Does the heatsink on the motherboard get hot while it's on?


----------



## Account (Aug 30, 2010)

freaksavior said:


> Check what I bolded.
> 
> Try again in another machine. Does it boot at all?



I know for sure it isn't the memory, I've tested other RAM also.

I'm pretty sure it's not the GPU, but I don't have anything to test it with. (Before was tested on my cousins computer which it worked fine)

I've left the computer on running for awhile, when i felt the heatsink it was warm but not hot


----------



## ShiBDiB (Aug 30, 2010)

my moms computer wasnt posting and it was the ram. So make sure thats not ur problem before you go buying stuff..

Also, try a different monitor/vga or dvi (whichever it is) cable just incase.


----------



## overclocking101 (Aug 30, 2010)

does the board start up at all?? like lights come on post loop etc?? if so its not the cpu. when a cpu dies absolutely nothing happens when you hit the power button


----------



## Gzero (Aug 30, 2010)

Take out everything, including the cpu! Power just the motherboard. It may light up, then you can hazard a guess that the cpu is at fault. But without another cpu to test your a bit stuck.


----------



## ShiBDiB (Aug 30, 2010)

My moneys still on the ram


----------



## twilyth (Aug 31, 2010)

Gzero said:


> Take out everything, including the cpu! Power just the motherboard. It may light up, then you can hazard a guess that the cpu is at fault. But without another cpu to test your a bit stuck.



After that, try just the cpu/hsf and no memory at all.  I've been told that will sometimes work.

Right now, my money is on the mobo.  I've gone through 4 or 5 in recent months and that is always how it goes - no post, no beep, nada.  If you shut the psu off a for 20 secs and turn back on, then press the power button, you will get the fans to turn a quarter turn and then die.
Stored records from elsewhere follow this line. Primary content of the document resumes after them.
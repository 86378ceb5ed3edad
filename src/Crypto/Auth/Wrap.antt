-- ===== src/Crypto/Auth/Wrap.antt =====
-- The key wrap of proto_crypto.cpp is its own inverse.
use home_io_control_wio_b2b.Base.{ℕ, ◌≡◌, refl, ap, some, List, length}
use home_io_control_wio_b2b.Base.Bits.Xor.{xor_twice}
use home_io_control_wio_b2b.Frame.{NodeId}
use home_io_control_wio_b2b.Crypto.Aes.Inverse.{aes128_encrypt-length}
use home_io_control_wio_b2b.Crypto.Iv.{construct_iv, construct_iv_1w_node}
use home_io_control_wio_b2b.Crypto.Aes.Steps.{Sixteen, sixteen, Sixteen-length}
use home_io_control_wio_b2b.Crypto.Auth.{
  transfer_key, xor_loop, xor_with_encrypted_iv, crypt_key, crypt_1w_key,
}

xor_loop_twice :
    (mask block : List ℕ) → Sixteen block → xor_loop 16 0 (xor_loop 16 0 block mask) mask ≡ block
unfolding xor_loop
xor_loop_twice mask _ (sixteen a b c d e f g h i j k l m n o p) = simp xor_twice

wrap_twice :
    (iv block : List ℕ)
    → length block ≡ 16
    → (wrapped : List ℕ) × (xor_with_encrypted_iv iv block ≡ some wrapped)
      × (length wrapped ≡ 16)
      × (xor_with_encrypted_iv iv wrapped ≡ some block)
unfolding xor_with_encrypted_iv
wrap_twice iv block h =
    let (enc, made, _) = aes128_encrypt-length iv transfer_key in
    (
      xor_loop 16 0 block enc,
      rw (made, xor_with_encrypted_iv),
      refl,
      rw (made, xor_with_encrypted_iv)
          (ap some (xor_loop_twice enc block (Sixteen-length block h))),
    )

-- Wrapping a key of sixteen bytes always succeeds with sixteen bytes, and wrapping the result with
-- the same span and challenge gives the key back.
pub crypt_key_twice :
    (span challenge key : List ℕ)
    → length key ≡ 16
    → (wrapped : List ℕ) × (crypt_key span challenge key ≡ some wrapped)
      × (length wrapped ≡ 16)
      × (crypt_key span challenge wrapped ≡ some key)
unfolding crypt_key
crypt_key_twice span challenge key h = wrap_twice (construct_iv span challenge) key h

-- The one-way wrap of a key of sixteen bytes always succeeds with sixteen bytes, and wrapping the
-- result for the same sender gives the key back.
pub crypt_1w_key_twice :
    (node : NodeId) (key : List ℕ)
    → length key ≡ 16
    → (wrapped : List ℕ) × (crypt_1w_key node key ≡ some wrapped)
      × (length wrapped ≡ 16)
      × (crypt_1w_key node wrapped ≡ some key)
unfolding crypt_1w_key
crypt_1w_key_twice node key h = wrap_twice (construct_iv_1w_node node) key h
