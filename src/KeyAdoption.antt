-- ===== src/KeyAdoption.antt =====
-- components/home_io_control/proto_codecs.{h,cpp}: `decode_1w_add_controller`, the adoption of the
-- network key that a one-way remote announces.
pub mod Announce
mod Tests
use home_io_control_wio_b2b.Base.{
  ℕ, Bool, true, false, not, ◌==◌, bit_and, bit_or, if◌then◌else◌, Option, none, some, List, [],
  ◌∷◌, replicate, take, shl, u16,
}
use home_io_control_wio_b2b.Frame.{
  IoFrame, NodeId, zero_node, byte_at, ctrl0_protocol_1w, cmd_oneway_add_controller,
}
use home_io_control_wio_b2b.Crypto.Auth.{crypt_1w_key, create_1w_hmac, same_mac}

abbrev pub aes_key_size : ℕ
aes_key_size = 16

-- `ONEWAY_ADD_CONTROLLER_PAYLOAD_SIZE`.
abbrev pub payload_size : ℕ
payload_size = 20

-- `OneWayMacStatus`.
pub data MacStatus : Type 0 where
  not_present verified mac_failed : MacStatus

-- `OneWayAddControllerDecodeError`.
pub data DecodeError : Type 0 where
  decoded not_oneway wrong_command bad_length key_unwrap_failed : DecodeError

-- `OneWayAdoptedKey`.
pub record AdoptedKey : Type 0 where
  pub system_key : List ℕ
  pub manufacturer : ℕ
  pub sender_node : NodeId
  pub sequence : ℕ
  pub mac_status : MacStatus

abbrev pub blank_key : AdoptedKey
blank_key = record {
  system_key = replicate aes_key_size 0;
  manufacturer = 0;
  sender_node = zero_node;
  sequence = 0;
  mac_status = not_present;
}

-- The verification of the trailer under the recovered key; the span is the command and the wrapped
-- key.
unfoldable pub verify_trailer : IoFrame → List ℕ → ℕ → List ℕ → MacStatus
verify_trailer frame enc_key sequence key =
    if not frame.has_mac
    then not_present
    else (elim (create_1w_hmac (frame.cmd ∷ enc_key) sequence key) [
      | none ↦ mac_failed
      | some expected_mac ↦ if same_mac frame.mac expected_mac then verified else mac_failed
    ])

-- The part behind the checks of the frame's shape.
unfoldable pub adopt : IoFrame → DecodeError × AdoptedKey
adopt frame =
    let enc_key = take aes_key_size frame.payload in
    let sequence = u16 (bit_or (shl (byte_at frame.payload 18) 8) (byte_at frame.payload 19)) in
    elim (crypt_1w_key frame.src enc_key) [
      | none ↦ (key_unwrap_failed, blank_key)
      | some key ↦ (
        decoded,
        record {
          system_key = key;
          manufacturer = byte_at frame.payload 16;
          sender_node = frame.src;
          sequence = sequence;
          mac_status = verify_trailer frame enc_key sequence key;
        },
      )
    ]

unfoldable pub decode_1w_add_controller : IoFrame → DecodeError × AdoptedKey
decode_1w_add_controller frame =
    if bit_and frame.ctrl0 ctrl0_protocol_1w == 0
    then (not_oneway, blank_key)
    else if not (frame.cmd == cmd_oneway_add_controller)
    then (wrong_command, blank_key)
    else if not (frame.data_len == payload_size)
    then (bad_length, blank_key)
    else adopt frame
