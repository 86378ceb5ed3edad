-- ===== src/KeyAdoption/Announce.antt =====
-- components/home_io_control/proto_codecs.cpp: what `decode_1w_add_controller` recovers from an
-- announcement that follows the protocol.
use home_io_control_wio_b2b.Base.{
  ℕ, ◌≡◌, refl, ◌/◌, ◌%◌, true, false, ◌==◌, bit_and, bit_or, some, List, ◌∷◌, ◌++◌, length, take,
  length-take, IsU16, u16, shl, arith,
}
use home_io_control_wio_b2b.Base.Bits.Mask.{or_fields}
use home_io_control_wio_b2b.Frame.{IoFrame, NodeId}
use home_io_control_wio_b2b.Crypto.Aes.Steps.{Sixteen, sixteen, Sixteen-length}
use home_io_control_wio_b2b.Crypto.Auth.{crypt_1w_key, create_1w_hmac}
use home_io_control_wio_b2b.Crypto.Auth.Compare.{same_mac_iff}
use home_io_control_wio_b2b.Crypto.Aes.Inverse.{aes128_encrypt-length}
use home_io_control_wio_b2b.Crypto.Iv.{construct_iv_1w_sequence}
use home_io_control_wio_b2b.Crypto.Auth.Wrap.{crypt_1w_key_twice}
use home_io_control_wio_b2b.KeyAdoption.{
  decoded, verified, decode_1w_add_controller, adopt, verify_trailer,
}

-- An "add controller" frame: the wrapped key, the manufacturer, one more byte and the sequence, high
-- byte first, with the authenticator as trailer; `base` gives what else a frame holds.
abbrev pub announcement : IoFrame → NodeId → List ℕ → ℕ → ℕ → ℕ → List ℕ → List ℕ → IoFrame
announcement base node wrapped manufacturer extra sequence rest mac = record base {
  src = node;
  cmd = 0x30;
  data_len = 20;
  payload = wrapped ++ (manufacturer ∷ extra ∷ sequence / 256 ∷ sequence % 256 ∷ rest);
  mac = mac;
  has_mac = true;
}

pub sequence_back : (v : ℕ) → IsU16 v → u16 (bit_or (shl (v / 256) 8) (v % 256)) ≡ v
sequence_back v h = omega (arith, or_fields 8 (v / 256) (v % 256) (omega arith))

decode-Sixteen :
    (base : IoFrame) (node : NodeId) (key wrapped : List ℕ) (manufacturer extra sequence : ℕ)
    (rest mac : List ℕ)
    → Sixteen wrapped
    → IsU16 sequence
    → (bit_and base.ctrl0 0x20 == 0) ≡ false
    → crypt_1w_key node wrapped ≡ some key
    → create_1w_hmac (0x30 ∷ wrapped) sequence key ≡ some mac
    → length mac ≡ 6
    → decode_1w_add_controller (announcement base node wrapped manufacturer extra sequence rest mac)
      ≡ (
        decoded,
        record {
          system_key = key;
          manufacturer = manufacturer;
          sender_node = node;
          sequence = sequence;
          mac_status = verified;
        },
      )
unfolding decode_1w_add_controller adopt verify_trailer
decode-Sixteen base node key wrapped manufacturer extra sequence rest mac
      (sixteen a b c d e f g h i j k l m n o p) range oneway back made six =
    rw
      (
        oneway,
        back,
        adopt,
        sequence_back sequence range,
        made,
        (same_mac_iff mac mac six six).1 refl,
        verify_trailer,
      )
      refl

pub create_1w_hmac-length :
    (span : List ℕ) (sequence : ℕ) (key : List ℕ)
    → (mac : List ℕ) × (create_1w_hmac span sequence key ≡ some mac) × (length mac ≡ 6)
unfolding create_1w_hmac
create_1w_hmac-length span sequence key =
    let (enc, made, size) = aes128_encrypt-length (construct_iv_1w_sequence span sequence) key in
    (take 6 enc, rw (made, create_1w_hmac) refl, omega (arith, length-take 6 enc, size))

-- A one-way sender with a key of sixteen bytes and a 16-bit sequence can always wrap the key and sign
-- the announcement, and whoever decodes that announcement recovers the key, the manufacturer, the
-- sender and the sequence, and finds the authenticator verified.
pub decode_1w_add_controller_announced :
    (base : IoFrame) (node : NodeId) (key : List ℕ) (manufacturer extra sequence : ℕ)
    (rest : List ℕ)
    → length key ≡ 16
    → IsU16 sequence
    → (bit_and base.ctrl0 0x20 == 0) ≡ false
    → (wrapped : List ℕ) × (mac : List ℕ) × (crypt_1w_key node key ≡ some wrapped)
      × (create_1w_hmac (0x30 ∷ wrapped) sequence key ≡ some mac)
      × (decode_1w_add_controller
            (announcement base node wrapped manufacturer extra sequence rest mac)
          ≡ (
            decoded,
            record {
              system_key = key;
              manufacturer = manufacturer;
              sender_node = node;
              sequence = sequence;
              mac_status = verified;
            },
          ))
decode_1w_add_controller_announced base node key manufacturer extra sequence rest size range
      oneway =
    let (wrapped, made, wrapped_size, back) = crypt_1w_key_twice node key size in
    let (mac, signed, six) = create_1w_hmac-length (0x30 ∷ wrapped) sequence key in
    (
      wrapped,
      mac,
      made,
      signed,
      decode-Sixteen base node key wrapped manufacturer extra sequence rest mac
          (Sixteen-length wrapped wrapped_size) range oneway back signed six,
    )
If you have to bet on one part or another, my money is on the mobo.  To get a quality m/b that can  really take some abuse, you have to go high end these days.  Mid-range boards seem to be crap for overclocking.  I'm sure some are still decent, but I've had this problem with a couple different brands - mainly MSI.


----------



## ShiBDiB (Aug 31, 2010)

twilyth said:


> After that, try just the cpu/hsf and no memory at all.  I've been told that will sometimes work.
> 
> Right now, my money is on the mobo.  I've gone through 4 or 5 in recent months and that is always how it goes - no post, no beep, nada.  If you shut the psu off a for 20 secs and turn back on, then press the power button, you will get the fans to turn a quarter turn and then die.
> 
> If you have to bet on one part or another, my money is on the mobo.  To get a quality m/b that can  really take some abuse, you have to go high end these days.  Mid-range boards seem to be crap for overclocking.  I'm sure some are still decent, but I've had this problem with a couple different brands - mainly MSI.



it runs it just doesnt show anything on the screen.. u on the other hand seem to be killing ur mobo's.. check ur standoffs.


I still say its probably the ram


----------



## Mathragh (Aug 31, 2010)

I had the same issue when i was building a pc for someone this weekend, turned out i forgot to insert the CPU prolly .

So might aswell be the CPU.


----------



## TechnicalFreak (Aug 31, 2010)

A friend of mine, his son's system died this way. We were lucky however, I managed to test part after part on my system (s775), and all worked except mobo..

His just "died" one day. Refused to boot. But it was an HP however.

Oh, and one more thing. This might sound a bit stupid, but make sure the power & reset cables from mobo to buttons are correctly placed on it. Once it happend to me, it would not start because one of them was turned the other direction.


----------